(MATERIAL FOR THE TASK)
<<<<
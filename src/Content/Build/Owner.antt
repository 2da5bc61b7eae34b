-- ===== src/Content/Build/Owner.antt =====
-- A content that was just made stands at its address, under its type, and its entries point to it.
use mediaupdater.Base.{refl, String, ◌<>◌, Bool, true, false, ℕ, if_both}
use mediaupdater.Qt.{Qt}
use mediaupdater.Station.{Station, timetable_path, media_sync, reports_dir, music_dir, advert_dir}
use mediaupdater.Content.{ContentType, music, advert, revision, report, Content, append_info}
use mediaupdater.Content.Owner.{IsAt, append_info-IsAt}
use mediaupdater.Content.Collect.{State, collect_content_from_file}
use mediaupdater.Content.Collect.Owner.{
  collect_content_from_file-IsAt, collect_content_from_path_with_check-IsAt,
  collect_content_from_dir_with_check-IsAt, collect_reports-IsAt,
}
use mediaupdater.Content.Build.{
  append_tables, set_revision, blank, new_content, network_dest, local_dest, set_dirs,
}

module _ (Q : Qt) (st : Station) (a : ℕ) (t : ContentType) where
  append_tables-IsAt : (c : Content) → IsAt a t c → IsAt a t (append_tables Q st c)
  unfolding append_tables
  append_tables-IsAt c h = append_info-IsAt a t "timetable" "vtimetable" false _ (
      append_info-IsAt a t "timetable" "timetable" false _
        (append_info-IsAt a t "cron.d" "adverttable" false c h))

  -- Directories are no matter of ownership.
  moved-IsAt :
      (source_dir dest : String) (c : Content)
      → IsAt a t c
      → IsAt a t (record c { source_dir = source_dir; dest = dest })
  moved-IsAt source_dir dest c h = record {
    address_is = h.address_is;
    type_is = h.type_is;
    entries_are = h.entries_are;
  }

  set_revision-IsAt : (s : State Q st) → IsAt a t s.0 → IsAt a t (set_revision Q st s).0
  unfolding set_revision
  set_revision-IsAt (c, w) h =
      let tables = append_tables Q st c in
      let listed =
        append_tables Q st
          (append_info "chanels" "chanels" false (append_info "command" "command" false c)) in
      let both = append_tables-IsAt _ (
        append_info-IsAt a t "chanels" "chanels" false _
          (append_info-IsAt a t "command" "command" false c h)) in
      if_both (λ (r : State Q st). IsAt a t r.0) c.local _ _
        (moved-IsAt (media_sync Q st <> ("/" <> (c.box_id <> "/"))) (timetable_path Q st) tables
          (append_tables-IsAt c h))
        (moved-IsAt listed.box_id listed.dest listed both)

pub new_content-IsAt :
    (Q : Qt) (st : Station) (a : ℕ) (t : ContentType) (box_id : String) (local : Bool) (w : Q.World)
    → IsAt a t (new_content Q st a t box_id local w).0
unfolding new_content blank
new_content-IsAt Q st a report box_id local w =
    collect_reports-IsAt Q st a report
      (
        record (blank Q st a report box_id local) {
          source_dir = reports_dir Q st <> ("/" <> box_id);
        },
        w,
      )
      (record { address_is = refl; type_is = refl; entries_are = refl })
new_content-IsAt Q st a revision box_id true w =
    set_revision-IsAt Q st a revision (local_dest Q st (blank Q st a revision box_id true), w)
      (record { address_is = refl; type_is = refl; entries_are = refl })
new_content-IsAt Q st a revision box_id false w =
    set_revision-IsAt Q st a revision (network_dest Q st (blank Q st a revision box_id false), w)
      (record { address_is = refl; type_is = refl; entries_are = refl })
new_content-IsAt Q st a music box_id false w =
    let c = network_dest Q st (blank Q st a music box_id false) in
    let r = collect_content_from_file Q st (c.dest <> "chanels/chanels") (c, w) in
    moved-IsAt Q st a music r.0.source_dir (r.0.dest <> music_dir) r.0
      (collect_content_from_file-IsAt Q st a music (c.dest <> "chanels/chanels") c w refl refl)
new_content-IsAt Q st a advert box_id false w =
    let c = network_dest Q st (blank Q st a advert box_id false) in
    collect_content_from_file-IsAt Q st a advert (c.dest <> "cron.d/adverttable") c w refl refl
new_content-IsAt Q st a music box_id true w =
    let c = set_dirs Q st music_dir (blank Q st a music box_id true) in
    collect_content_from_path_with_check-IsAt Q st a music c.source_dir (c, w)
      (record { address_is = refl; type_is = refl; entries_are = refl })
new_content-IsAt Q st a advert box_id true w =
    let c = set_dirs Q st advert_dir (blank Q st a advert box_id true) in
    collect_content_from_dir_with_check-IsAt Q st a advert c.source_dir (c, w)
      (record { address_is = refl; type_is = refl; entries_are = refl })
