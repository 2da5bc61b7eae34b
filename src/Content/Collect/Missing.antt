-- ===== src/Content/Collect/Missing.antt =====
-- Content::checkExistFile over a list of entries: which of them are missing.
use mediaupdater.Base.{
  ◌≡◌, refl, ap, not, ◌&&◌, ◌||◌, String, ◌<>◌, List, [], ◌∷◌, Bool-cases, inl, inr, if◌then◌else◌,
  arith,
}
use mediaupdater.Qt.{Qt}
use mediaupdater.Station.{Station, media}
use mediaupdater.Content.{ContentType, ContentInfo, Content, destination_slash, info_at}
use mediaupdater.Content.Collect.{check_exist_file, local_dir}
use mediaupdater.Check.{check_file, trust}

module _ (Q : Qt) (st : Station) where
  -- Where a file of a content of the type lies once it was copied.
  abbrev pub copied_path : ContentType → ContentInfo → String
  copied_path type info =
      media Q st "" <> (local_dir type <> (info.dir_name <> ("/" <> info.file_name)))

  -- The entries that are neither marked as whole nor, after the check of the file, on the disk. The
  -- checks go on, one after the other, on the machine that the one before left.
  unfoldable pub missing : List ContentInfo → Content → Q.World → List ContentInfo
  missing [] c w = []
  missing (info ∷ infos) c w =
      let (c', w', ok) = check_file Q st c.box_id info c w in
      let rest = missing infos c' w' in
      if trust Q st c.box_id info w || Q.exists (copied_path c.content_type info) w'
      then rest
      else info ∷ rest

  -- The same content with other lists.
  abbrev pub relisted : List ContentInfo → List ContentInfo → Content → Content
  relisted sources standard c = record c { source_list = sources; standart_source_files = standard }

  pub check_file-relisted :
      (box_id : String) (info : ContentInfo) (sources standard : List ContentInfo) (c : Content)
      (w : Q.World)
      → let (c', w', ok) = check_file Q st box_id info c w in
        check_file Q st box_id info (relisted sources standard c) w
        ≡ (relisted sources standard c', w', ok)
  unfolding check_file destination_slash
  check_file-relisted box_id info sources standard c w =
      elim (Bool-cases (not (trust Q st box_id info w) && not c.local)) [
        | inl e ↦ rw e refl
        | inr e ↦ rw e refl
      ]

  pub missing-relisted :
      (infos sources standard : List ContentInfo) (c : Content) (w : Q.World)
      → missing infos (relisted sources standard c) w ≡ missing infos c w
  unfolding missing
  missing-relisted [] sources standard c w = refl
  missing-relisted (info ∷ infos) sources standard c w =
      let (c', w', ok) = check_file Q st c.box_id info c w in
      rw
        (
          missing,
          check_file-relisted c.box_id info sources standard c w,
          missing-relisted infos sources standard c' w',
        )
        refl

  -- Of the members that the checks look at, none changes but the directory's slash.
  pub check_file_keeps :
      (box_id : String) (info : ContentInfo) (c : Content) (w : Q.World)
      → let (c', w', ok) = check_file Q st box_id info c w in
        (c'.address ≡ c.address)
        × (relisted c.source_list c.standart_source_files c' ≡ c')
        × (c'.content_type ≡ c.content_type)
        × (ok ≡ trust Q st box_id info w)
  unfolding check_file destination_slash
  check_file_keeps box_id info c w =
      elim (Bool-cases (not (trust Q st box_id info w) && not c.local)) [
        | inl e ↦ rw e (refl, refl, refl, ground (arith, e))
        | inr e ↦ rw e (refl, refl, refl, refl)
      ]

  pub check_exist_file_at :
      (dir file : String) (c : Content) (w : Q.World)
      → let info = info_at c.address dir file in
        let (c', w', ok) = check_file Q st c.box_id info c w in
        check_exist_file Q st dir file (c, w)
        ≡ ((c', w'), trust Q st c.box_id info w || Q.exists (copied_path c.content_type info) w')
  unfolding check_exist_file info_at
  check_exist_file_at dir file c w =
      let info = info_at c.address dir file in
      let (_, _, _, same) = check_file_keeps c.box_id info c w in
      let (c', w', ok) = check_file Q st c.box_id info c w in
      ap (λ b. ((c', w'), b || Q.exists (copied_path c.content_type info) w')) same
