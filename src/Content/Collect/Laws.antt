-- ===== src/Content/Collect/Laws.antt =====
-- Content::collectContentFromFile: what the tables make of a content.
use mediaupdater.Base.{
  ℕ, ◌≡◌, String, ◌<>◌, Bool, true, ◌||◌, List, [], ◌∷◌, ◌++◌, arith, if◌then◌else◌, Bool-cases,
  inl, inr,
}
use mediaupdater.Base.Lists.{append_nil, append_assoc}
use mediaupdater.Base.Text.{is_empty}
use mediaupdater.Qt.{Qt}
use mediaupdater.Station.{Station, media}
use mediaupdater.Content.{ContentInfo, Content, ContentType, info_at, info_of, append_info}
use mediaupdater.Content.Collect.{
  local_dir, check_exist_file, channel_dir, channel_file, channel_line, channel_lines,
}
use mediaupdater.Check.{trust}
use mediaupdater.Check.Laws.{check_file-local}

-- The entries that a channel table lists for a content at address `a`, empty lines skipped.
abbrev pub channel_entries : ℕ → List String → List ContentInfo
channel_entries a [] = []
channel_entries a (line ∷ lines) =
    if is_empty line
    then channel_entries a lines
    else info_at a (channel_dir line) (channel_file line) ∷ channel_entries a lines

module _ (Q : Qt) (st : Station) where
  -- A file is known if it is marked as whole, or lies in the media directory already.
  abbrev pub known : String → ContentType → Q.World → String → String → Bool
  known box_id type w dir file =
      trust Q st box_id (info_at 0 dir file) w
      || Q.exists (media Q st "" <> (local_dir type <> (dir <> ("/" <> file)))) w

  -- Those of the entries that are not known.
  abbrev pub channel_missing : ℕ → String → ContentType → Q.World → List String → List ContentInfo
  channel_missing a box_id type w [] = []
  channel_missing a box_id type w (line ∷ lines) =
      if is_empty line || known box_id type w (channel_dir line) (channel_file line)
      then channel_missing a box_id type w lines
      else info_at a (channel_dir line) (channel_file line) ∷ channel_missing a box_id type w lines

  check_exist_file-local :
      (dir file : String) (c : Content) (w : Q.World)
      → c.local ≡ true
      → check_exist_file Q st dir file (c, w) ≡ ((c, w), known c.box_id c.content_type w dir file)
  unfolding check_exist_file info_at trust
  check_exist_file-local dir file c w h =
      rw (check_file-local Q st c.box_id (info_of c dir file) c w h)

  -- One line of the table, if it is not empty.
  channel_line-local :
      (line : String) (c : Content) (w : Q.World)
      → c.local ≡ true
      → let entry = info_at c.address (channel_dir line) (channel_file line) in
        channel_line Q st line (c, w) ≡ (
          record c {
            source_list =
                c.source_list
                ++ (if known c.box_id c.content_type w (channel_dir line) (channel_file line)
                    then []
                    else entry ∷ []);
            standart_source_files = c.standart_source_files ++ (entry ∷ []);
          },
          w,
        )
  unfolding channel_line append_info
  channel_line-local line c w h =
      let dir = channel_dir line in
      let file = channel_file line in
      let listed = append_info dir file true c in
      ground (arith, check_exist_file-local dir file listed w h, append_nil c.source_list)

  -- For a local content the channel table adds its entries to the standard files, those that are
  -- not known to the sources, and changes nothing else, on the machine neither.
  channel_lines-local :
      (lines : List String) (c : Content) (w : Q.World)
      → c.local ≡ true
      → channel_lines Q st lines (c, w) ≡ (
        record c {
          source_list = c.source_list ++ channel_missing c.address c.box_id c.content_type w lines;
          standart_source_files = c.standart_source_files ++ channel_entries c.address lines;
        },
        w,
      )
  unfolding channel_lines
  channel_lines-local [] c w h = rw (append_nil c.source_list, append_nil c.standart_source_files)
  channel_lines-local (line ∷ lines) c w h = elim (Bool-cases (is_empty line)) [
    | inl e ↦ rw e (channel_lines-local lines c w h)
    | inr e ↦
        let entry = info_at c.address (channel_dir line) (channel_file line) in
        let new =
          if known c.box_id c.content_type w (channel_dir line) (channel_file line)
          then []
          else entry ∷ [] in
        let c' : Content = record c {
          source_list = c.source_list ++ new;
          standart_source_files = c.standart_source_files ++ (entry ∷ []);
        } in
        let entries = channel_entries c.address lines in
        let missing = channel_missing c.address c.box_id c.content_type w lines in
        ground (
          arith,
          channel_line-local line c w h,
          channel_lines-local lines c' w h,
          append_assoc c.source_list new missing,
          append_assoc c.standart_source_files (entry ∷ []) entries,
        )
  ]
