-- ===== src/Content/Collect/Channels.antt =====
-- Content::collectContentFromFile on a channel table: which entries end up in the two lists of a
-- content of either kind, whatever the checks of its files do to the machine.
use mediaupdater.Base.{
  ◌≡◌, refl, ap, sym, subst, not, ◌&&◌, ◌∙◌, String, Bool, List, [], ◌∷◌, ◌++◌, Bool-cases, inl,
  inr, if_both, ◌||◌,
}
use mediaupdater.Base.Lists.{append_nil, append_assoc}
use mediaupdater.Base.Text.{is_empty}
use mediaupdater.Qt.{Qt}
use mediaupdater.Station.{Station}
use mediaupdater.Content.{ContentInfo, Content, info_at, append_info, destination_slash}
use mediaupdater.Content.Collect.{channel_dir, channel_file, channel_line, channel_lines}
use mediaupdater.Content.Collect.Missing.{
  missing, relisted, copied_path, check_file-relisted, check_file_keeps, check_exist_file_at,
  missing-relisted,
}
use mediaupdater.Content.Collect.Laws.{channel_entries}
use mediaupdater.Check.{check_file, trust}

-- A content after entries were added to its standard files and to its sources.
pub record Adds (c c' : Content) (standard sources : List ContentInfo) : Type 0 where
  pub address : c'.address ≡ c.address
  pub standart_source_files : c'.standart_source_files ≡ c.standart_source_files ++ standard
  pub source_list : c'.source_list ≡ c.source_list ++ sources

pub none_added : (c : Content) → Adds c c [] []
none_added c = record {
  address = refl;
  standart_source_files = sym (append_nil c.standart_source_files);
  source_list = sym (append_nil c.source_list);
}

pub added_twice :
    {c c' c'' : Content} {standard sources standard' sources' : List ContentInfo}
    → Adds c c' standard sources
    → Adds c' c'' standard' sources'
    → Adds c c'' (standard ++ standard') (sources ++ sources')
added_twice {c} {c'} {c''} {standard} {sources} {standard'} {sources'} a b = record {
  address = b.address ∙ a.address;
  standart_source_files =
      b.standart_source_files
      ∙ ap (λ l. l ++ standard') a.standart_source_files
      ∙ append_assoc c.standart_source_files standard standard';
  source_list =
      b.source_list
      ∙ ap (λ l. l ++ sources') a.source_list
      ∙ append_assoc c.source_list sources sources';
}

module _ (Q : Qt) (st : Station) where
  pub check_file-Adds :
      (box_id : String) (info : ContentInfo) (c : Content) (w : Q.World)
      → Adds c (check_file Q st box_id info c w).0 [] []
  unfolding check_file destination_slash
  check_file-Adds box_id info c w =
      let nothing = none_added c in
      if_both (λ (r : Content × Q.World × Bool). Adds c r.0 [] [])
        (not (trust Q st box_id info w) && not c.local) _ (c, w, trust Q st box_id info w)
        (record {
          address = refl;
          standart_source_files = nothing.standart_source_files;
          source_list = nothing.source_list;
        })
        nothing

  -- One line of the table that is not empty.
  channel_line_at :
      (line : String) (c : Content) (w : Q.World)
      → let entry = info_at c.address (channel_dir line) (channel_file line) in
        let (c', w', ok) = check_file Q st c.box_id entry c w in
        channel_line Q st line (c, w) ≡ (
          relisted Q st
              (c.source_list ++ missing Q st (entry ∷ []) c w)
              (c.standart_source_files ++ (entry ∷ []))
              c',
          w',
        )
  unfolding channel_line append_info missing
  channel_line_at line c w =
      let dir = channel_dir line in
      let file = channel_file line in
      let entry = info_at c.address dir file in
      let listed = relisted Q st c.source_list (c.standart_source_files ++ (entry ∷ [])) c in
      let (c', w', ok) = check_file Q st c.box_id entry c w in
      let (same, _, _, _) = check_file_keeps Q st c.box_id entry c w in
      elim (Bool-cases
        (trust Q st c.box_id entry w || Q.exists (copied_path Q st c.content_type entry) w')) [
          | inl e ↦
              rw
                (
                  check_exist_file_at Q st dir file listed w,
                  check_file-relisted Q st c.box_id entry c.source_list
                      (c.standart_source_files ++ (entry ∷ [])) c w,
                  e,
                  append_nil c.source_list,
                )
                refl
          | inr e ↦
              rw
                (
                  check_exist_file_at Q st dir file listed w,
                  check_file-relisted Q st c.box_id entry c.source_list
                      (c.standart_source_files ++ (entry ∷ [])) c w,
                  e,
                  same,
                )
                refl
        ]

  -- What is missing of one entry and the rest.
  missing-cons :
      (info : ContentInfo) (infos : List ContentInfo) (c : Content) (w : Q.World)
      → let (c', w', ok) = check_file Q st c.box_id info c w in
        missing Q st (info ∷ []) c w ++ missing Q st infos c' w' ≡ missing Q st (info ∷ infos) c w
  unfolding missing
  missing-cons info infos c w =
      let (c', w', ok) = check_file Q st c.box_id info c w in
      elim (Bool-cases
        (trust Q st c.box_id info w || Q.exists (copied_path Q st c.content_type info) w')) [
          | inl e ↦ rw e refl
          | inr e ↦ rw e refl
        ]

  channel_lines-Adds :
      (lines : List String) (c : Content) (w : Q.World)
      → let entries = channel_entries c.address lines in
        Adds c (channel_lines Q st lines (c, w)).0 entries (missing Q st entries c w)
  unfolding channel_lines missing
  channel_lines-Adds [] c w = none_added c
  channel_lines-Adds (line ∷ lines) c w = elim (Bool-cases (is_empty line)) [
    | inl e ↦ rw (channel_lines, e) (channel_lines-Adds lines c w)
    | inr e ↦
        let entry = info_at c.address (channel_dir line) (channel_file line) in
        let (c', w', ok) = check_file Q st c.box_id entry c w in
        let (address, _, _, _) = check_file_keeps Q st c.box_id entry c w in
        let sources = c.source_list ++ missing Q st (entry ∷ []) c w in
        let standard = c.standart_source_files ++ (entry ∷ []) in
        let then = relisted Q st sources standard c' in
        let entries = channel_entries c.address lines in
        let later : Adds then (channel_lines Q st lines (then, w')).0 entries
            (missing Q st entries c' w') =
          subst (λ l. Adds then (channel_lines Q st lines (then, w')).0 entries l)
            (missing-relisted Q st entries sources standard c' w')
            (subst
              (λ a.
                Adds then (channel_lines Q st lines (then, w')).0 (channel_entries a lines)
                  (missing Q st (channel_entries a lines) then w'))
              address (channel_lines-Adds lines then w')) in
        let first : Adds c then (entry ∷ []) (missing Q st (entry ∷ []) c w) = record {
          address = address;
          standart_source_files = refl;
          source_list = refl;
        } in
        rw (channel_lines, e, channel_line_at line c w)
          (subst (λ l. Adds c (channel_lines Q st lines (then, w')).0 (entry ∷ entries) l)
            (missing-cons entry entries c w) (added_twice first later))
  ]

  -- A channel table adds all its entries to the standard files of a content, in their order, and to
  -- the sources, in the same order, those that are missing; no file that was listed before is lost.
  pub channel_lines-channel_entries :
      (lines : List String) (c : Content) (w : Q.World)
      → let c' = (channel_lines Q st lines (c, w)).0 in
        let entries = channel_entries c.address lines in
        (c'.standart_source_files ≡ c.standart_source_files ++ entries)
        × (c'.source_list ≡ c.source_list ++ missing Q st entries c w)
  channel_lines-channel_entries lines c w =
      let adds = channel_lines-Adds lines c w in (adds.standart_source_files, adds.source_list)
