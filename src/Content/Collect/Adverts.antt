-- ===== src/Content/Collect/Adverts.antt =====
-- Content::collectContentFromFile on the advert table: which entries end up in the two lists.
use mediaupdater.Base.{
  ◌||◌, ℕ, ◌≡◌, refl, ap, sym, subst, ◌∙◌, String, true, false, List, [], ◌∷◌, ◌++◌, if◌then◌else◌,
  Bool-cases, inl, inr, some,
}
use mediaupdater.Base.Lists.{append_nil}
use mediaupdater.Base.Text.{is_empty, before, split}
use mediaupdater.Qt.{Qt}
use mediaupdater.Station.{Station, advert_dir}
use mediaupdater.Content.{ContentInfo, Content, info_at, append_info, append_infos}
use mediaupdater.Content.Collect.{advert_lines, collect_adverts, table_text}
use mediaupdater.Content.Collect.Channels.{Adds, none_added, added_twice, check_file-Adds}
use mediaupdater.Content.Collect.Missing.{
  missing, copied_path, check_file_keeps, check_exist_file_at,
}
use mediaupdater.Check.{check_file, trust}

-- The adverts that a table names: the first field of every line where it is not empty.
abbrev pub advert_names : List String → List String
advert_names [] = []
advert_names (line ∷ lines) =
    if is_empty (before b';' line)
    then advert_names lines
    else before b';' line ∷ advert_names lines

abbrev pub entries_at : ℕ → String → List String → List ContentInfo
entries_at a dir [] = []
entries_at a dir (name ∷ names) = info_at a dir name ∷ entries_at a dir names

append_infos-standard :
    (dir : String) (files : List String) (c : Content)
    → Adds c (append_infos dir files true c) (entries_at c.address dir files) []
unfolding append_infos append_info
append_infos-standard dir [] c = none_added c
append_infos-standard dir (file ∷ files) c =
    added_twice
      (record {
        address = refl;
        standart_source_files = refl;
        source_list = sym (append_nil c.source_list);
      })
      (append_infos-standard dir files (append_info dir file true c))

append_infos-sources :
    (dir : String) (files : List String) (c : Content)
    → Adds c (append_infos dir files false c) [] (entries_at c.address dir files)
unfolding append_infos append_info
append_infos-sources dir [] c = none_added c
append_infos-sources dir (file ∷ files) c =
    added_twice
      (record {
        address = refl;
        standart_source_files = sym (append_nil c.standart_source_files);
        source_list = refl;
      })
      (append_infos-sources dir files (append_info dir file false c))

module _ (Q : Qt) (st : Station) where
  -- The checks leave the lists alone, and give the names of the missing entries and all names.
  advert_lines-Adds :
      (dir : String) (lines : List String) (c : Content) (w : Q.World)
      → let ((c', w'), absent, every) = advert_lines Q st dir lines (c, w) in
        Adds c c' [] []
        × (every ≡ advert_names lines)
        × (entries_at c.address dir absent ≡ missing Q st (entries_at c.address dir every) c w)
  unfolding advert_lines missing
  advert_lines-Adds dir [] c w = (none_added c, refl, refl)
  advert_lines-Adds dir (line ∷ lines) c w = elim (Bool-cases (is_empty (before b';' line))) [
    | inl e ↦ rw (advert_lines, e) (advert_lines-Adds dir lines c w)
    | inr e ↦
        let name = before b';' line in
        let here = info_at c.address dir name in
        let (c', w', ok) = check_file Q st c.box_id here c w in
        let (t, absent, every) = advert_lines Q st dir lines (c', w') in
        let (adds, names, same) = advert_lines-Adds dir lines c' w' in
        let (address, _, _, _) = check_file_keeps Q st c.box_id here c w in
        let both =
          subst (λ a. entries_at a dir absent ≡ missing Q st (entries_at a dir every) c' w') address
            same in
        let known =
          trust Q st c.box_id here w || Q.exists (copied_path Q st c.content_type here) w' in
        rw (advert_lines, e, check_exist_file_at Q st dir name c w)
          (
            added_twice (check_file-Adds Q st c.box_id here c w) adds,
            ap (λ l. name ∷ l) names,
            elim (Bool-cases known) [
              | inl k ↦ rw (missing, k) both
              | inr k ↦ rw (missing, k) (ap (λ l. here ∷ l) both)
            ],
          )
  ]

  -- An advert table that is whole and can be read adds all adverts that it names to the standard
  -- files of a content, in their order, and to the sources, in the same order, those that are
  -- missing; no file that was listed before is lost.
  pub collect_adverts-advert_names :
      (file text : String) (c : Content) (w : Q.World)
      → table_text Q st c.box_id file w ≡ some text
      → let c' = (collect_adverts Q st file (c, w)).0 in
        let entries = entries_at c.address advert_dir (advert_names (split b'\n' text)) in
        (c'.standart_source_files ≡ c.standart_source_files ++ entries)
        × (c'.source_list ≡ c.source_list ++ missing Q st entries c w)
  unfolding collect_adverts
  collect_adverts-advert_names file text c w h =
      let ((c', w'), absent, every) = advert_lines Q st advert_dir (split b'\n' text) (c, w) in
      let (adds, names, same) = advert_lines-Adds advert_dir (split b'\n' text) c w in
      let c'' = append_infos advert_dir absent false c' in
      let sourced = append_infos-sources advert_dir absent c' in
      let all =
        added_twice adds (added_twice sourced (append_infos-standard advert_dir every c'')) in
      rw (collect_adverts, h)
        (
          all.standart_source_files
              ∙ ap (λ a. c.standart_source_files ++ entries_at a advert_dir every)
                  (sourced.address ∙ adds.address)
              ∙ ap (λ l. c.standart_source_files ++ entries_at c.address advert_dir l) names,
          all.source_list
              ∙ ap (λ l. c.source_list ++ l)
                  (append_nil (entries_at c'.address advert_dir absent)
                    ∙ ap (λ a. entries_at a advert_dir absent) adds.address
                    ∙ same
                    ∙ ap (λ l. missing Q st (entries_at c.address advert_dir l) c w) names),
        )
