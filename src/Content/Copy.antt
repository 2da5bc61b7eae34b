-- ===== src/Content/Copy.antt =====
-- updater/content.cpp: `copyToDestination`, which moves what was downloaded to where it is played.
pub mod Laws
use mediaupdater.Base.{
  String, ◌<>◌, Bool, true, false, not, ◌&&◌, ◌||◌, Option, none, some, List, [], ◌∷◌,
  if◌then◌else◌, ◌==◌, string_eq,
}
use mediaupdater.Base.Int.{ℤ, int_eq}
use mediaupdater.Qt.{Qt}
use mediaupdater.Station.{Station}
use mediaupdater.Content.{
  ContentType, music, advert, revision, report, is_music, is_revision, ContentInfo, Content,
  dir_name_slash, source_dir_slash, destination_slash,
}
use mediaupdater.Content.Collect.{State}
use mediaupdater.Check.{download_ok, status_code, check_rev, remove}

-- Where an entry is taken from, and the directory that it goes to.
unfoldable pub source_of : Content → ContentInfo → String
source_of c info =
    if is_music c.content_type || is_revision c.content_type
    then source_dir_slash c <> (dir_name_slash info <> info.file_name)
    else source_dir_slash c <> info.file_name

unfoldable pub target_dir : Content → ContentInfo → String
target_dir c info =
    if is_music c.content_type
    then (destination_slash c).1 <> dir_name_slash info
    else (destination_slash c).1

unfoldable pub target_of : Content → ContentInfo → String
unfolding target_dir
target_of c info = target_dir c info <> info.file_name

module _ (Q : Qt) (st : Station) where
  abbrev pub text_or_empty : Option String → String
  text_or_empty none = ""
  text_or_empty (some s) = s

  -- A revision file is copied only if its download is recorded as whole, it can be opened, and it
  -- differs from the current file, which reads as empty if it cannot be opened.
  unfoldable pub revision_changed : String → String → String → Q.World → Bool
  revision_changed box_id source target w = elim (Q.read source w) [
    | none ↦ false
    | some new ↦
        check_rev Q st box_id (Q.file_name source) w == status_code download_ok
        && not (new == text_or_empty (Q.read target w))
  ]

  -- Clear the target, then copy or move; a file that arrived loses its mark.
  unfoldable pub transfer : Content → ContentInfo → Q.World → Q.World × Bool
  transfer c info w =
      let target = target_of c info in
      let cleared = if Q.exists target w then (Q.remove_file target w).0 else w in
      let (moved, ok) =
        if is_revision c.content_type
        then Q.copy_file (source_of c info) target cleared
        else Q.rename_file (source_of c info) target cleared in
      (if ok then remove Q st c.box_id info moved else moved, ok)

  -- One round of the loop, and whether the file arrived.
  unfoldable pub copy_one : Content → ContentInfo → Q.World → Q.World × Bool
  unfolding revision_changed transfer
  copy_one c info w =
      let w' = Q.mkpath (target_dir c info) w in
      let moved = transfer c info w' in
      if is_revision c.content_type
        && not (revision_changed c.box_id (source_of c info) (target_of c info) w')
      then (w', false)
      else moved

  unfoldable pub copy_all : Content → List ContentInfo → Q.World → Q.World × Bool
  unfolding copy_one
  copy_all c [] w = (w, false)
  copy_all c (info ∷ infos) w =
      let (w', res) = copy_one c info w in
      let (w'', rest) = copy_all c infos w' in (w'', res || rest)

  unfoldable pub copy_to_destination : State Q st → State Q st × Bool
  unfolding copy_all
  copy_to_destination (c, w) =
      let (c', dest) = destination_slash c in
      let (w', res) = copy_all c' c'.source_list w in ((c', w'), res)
>>>>
(TASK DESCRIPTION)
The answer must be a single number: the count of lines in the records above that contain the word "unfoldable".

(SOLUTION FOR THIS TASK)
9